Data:
========================================================================
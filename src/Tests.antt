-- ===== src/Tests.antt =====
-- Instances of the parameters, and the theorems at concrete inputs.
pub mod Instances
pub mod Codecs
pub mod Storage
pub mod Columns
pub mod Pair
pub mod Aggregates
pub mod Stripes
pub mod Tables
pub mod Plans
========================================================================
Return the data exactly. Include every record.

filename src/Tests.antt
-- ===== src/Tests.antt =====
-- Instances of the parameters, and the theorems at concrete inputs.
pub mod Instances
pub mod Codecs
pub mod Storage
pub mod Columns
pub mod Pair
pub mod Aggregates
pub mod Stripes
pub mod Tables
pub mod Plans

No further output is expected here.